I'm testing two methods here. The first is based on working4coin's comment on hd1's answer and the second being a slower, pure python implementation. It seems obvious that the python implementation should be slower but I decided to time the two methods to make sure and to quantify the results.
def nans_to_prev_close_method1(data_frame):
data_frame['volume'] = data_frame['volume'].fillna(0.0) # volume should always be 0 (if there were no trades in this interval)
data_frame['close'] = data_frame.fillna(method='pad') # ie pull the last close into this close
# now copy the close that was pulled down from the last timestep into this row, across into o/h/l
data_frame['open'] = data_frame['open'].fillna(data_frame['close'])
data_frame['low'] = data_frame['low'].fillna(data_frame['close'])

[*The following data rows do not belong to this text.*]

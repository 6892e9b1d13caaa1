-- ===== src/Terminal/Events.antt =====
-- What `MyHandler` does about an event of the engine (src/bin/trithemius-term/main.rs), and
-- `UI::add_message` (src/bin/trithemius-term/ui.rs).
use trithemius_p2p.Base.{
  ◌+◌, Text, codes, Option, none, some, List, [], ◌∷◌, ◌++◌, Eq, map, join, if◌then◌else◌, text_eq,
}
use trithemius_p2p.Base.Decimal.{show_ℕ}
use trithemius_p2p.Base.Map.{lookup, insert}
use trithemius_p2p.Util.{Multiaddr, nil}
use trithemius_p2p.Subscriptions.Queue.{CircularQueue}
use trithemius_p2p.Subscriptions.{Subscription, ChatMessage, push_message}
use trithemius_p2p.TopicList.{has_topic}
use trithemius_p2p.View.{connecting_to, disconnected_from}
use trithemius_p2p.View
use trithemius_p2p.Transports.Tor.{multiaddr_eq}
use trithemius_p2p.Engine.Events.{PackageTypes, DiscoveredPeer, EngineEvent}
use trithemius_p2p.Engine.Events
use trithemius_p2p.Engine.Run.{Swarm}
use trithemius_p2p.Ui.{World, Ui, logging}
use trithemius_p2p.Terminal.{Point, dialer, listener, Packages}

module _ {T : PackageTypes} (S : Swarm T) (Q : CircularQueue) (W : World S) (P : Packages S Q)
    ⦃peer_eq : Eq T.PeerId⦄ ⦃query_eq : Eq T.QueryId⦄ where
  abbrev pub info : Text → Ui T Q → Ui T Q
  info text u = logging S Q W (λ now. View.log_info Q now text) u

  abbrev pub failure : Text → Ui T Q → Ui T Q
  failure text u = logging S Q W (λ now. View.log_error Q now text) u

  -- `UI::add_message`: a message for a topic without an entry is dropped.
  abbrev pub add_message : ChatMessage → Option (Subscription Q) → Ui T Q → Ui T Q
  add_message message (some subscription) u = record u {
    subscriptions = insert message.topic (push_message Q subscription message) u.subscriptions;
  }
  add_message message none u = u

  -- The time of a message is that of its arrival.
  unfoldable pub receive : Option T.PeerId → Text → Text → Ui T Q → Ui T Q
  receive source topic text u =
      let m : ChatMessage = record {
        date = W.local_now u.clock_reads;
        topic = topic;
        user = elim source [ none ↦ none | some peer ↦ some (S.show_peer peer) ];
        message = text;
      } in
      add_message m (lookup topic u.subscriptions) (record u { clock_reads = u.clock_reads + 1 })

  abbrev pub remote_address : Point → Multiaddr
  remote_address (dialer address) = address
  remote_address (listener local_addr send_back_addr) = send_back_addr

  abbrev pub info_all : List Multiaddr → Ui T Q → Ui T Q
  info_all [] u = u
  info_all (address ∷ addresses) u =
      info_all addresses (info (codes "   " ++ W.formats.show_multiaddr address) u)

  abbrev pub show_found : T.PeerId → List Multiaddr → Ui T Q → Ui T Q
  show_found peer [] u = info (codes "Found no addresses for PeerId " ++ S.show_peer peer) u
  show_found peer (address ∷ addresses) u = info_all (address ∷ addresses) (
      info (codes "Found the following addresses for PeerId " ++ (S.show_peer peer ++ codes ":")) u)

  unfoldable pub connected : T.PeerId → T.ConnectedPoint → Ui T Q → Ui T Q
  connected peer_id endpoint u =
      if connecting_to Q (remote_address (P.point endpoint)) u.view
      then info
          (codes "Connected to "
            ++ (S.show_peer peer_id ++ (codes " at " ++ P.debug_point endpoint)))
          u
      else u

  abbrev pub told_closed : T.PeerId → T.ConnectedPoint → Option T.ConnectionError → Ui T Q → Ui T Q
  told_closed peer_id endpoint cause u =
      if connecting_to Q (remote_address (P.point endpoint)) u.view
      then info
          (codes "Connection closed to "
            ++ (S.show_peer peer_id
                ++ (codes " at "
                    ++ (P.debug_point endpoint ++ (codes ": " ++ P.debug_cause cause)))))
          u
      else u

  unfoldable pub closed : T.PeerId → T.ConnectedPoint → Option T.ConnectionError → Ui T Q → Ui T Q
  closed peer_id endpoint cause u =
      let u' = told_closed peer_id endpoint cause u in
      record u' { view = disconnected_from Q (remote_address (P.point endpoint)) u'.view }

  -- `is_empty` of a multiaddress
  abbrev pub incoming : Multiaddr → Multiaddr → Text
  incoming local_addr nil = codes "Incoming connection to " ++ W.formats.show_multiaddr local_addr
  incoming local_addr send_back_addr =
      codes "Incoming connection to "
      ++ (W.formats.show_multiaddr local_addr
          ++ (codes " from " ++ W.formats.show_multiaddr send_back_addr))

  abbrev pub show_discovered : DiscoveredPeer T → Text
  show_discovered p = S.show_peer p.peer_id ++ (codes "@" ++ W.formats.show_multiaddr p.address)

  -- A peer's change of subscriptions is told for the topics that have a tab.
  abbrev pub about_topic : T.TopicHash → Text → Ui T Q → Ui T Q
  about_topic topic text u =
      if has_topic u.subscription_list (P.show_topic topic) then info text u else u

  -- What the program does about an event.
  pub data Reaction : Type 0 where
    silent : Reaction
    tells fails : Text → Reaction
    chat : Option T.PeerId → Text → Text → Reaction
    found : T.PeerId → List Multiaddr → Reaction
    connects : T.PeerId → T.ConnectedPoint → Reaction
    closes : T.PeerId → T.ConnectedPoint → Option T.ConnectionError → Reaction
    about : T.TopicHash → Text → Reaction

  -- The `match` of `MyHandler::handle_event`, whose arms all end in `None`.
  unfoldable pub reaction : EngineEvent T → Reaction
  reaction (Events.mdns_expired list) = silent
  reaction (Events.message source propagation_source topic message_id sequence_number text) =
      chat source (P.show_topic topic) text
  reaction (Events.system_message message) = tells message
  reaction (Events.peer_addresses peer addresses) = found peer addresses
  reaction (Events.onion_service_ready service) = tells (
      codes "Onion service "
      ++ (W.formats.show_multiaddr service.address ++ codes " is ready to receive connections"))
  reaction (Events.connection_established peer_id endpoint n errors) = connects peer_id endpoint
  reaction (Events.connection_closed peer_id endpoint n cause) = closes peer_id endpoint cause
  reaction (Events.incoming_connection local_addr send_back_addr) =
      tells (incoming local_addr send_back_addr)
  reaction (Events.new_listen_addr listener_id address) = tells (
      codes "Listener "
      ++ (P.debug_listener listener_id
          ++ (codes " listening on " ++ W.formats.show_multiaddr address)))
  reaction (Events.dialing peer_id) = tells (codes "Dialing " ++ S.show_peer peer_id)
  reaction (Events.mdns_discovered peers) =
      tells (codes "Discovered peers: " ++ join (codes ", ") (map show_discovered peers))
  reaction (Events.gossip_subscribed peer_id topic) =
      about topic
        (codes "Peer " ++ (S.show_peer peer_id ++ (codes " subscribed to " ++ P.show_topic topic)))
  reaction (Events.gossip_unsubscribed peer_id topic) =
      about topic (
        codes "Peer " ++ (S.show_peer peer_id ++ (codes " unsubscribed to " ++ P.show_topic topic)))
  reaction (Events.rendezvous_server_peer_registered peer registration) = tells (
      codes "Peer "
      ++ (S.show_peer peer
          ++ (codes " registered with namespace "
              ++ P.show_namespace (P.namespace_of registration))))
  reaction (Events.rendezvous_server_peer_not_registered peer namespace error) = tells (
      codes "Peer "
      ++ (S.show_peer peer ++ (codes " not registered: " ++ P.debug_error_code error)))
  reaction (Events.rendezvous_server_peer_unregistered peer namespace) = tells (
      codes "Peer "
      ++ (S.show_peer peer ++ (codes " unregistered, namespace " ++ P.show_namespace namespace)))
  reaction (Events.rendezvous_client_registered rendezvous_node ttl namespace) = tells (
      codes "Registered with node "
      ++ (S.show_peer rendezvous_node
          ++ (codes " in namespace "
              ++ (P.show_namespace namespace ++ (codes " with ttl " ++ show_ℕ ttl)))))
  reaction (Events.rendezvous_client_register_failed error) =
      fails (codes "Registration failed: " ++ P.show_register_error error)
  reaction (Events.rendezvous_client_discovered rendezvous_node registrations cookie) =
      tells (codes "Discovery succeeded for rendezvous node " ++ S.show_peer rendezvous_node)
  reaction (Events.rendezvous_client_discover_failed rendezvous_node namespace error) = fails (
      codes "Discovery failed for rendezvous node "
      ++ (S.show_peer rendezvous_node
          ++ (codes ", namespace "
              ++ (P.debug_namespace namespace ++ (codes ": " ++ P.debug_error_code error)))))
  reaction event = tells (codes "Got event: " ++ P.debug_event event)

  unfoldable pub react : Reaction → Ui T Q → Ui T Q
  unfolding receive connected closed
  react silent u = u
  react (tells text) u = info text u
  react (fails text) u = failure text u
  react (chat source topic text) u = receive source topic text u
  react (found peer addresses) u = show_found peer addresses u
  react (connects peer_id endpoint) u = connected peer_id endpoint u
  react (closes peer_id endpoint cause) u = closed peer_id endpoint cause u
  react (about topic text) u = about_topic topic text u

  abbrev pub see : Ui T Q → EngineEvent T → Ui T Q
  see u event = react (reaction event) u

data_frame['high'] = data_frame['high'].fillna(data_frame['close'])
Method 1 does most of the heavy lifting in c (in the pandas code), and so should be quite fast.
The slow, python approach (method 2) is shown below
def nans_to_prev_close_method2(data_frame):
prev_row = None
for index, row in data_frame.iterrows():
if np.isnan(row['open']): # row.isnull().any():
pclose = prev_row['close']
# assumes first row has no nulls!!
row['open'] = pclose
row['high'] = pclose
row['low'] = pclose
row['close'] = pclose
row['volume'] = 0.0
prev_row = row
Testing the timing on both of them:
df = trades_to_ohlcv(PATH_TO_RAW_TRADES_CSV, '1s') # splits raw trades into secondly candles
df2 = df.copy()
wrapped1 = wrapper(nans_to_prev_close_method1, df)
wrapped2 = wrapper(nans_to_prev_close_method2, df2)
print("method 1: %.2f sec" % timeit.timeit(wrapped1, number=1))
print("method 2: %.2f sec" % timeit.timeit(wrapped2, number=1))
The results were:
method 1: 0.46 sec
method 2: 151.82 sec
Clearly method 1 is far faster (approx 330 times faster).

Here's how to do it via masking
Simulate a frame with some holes (A is your 'close' field)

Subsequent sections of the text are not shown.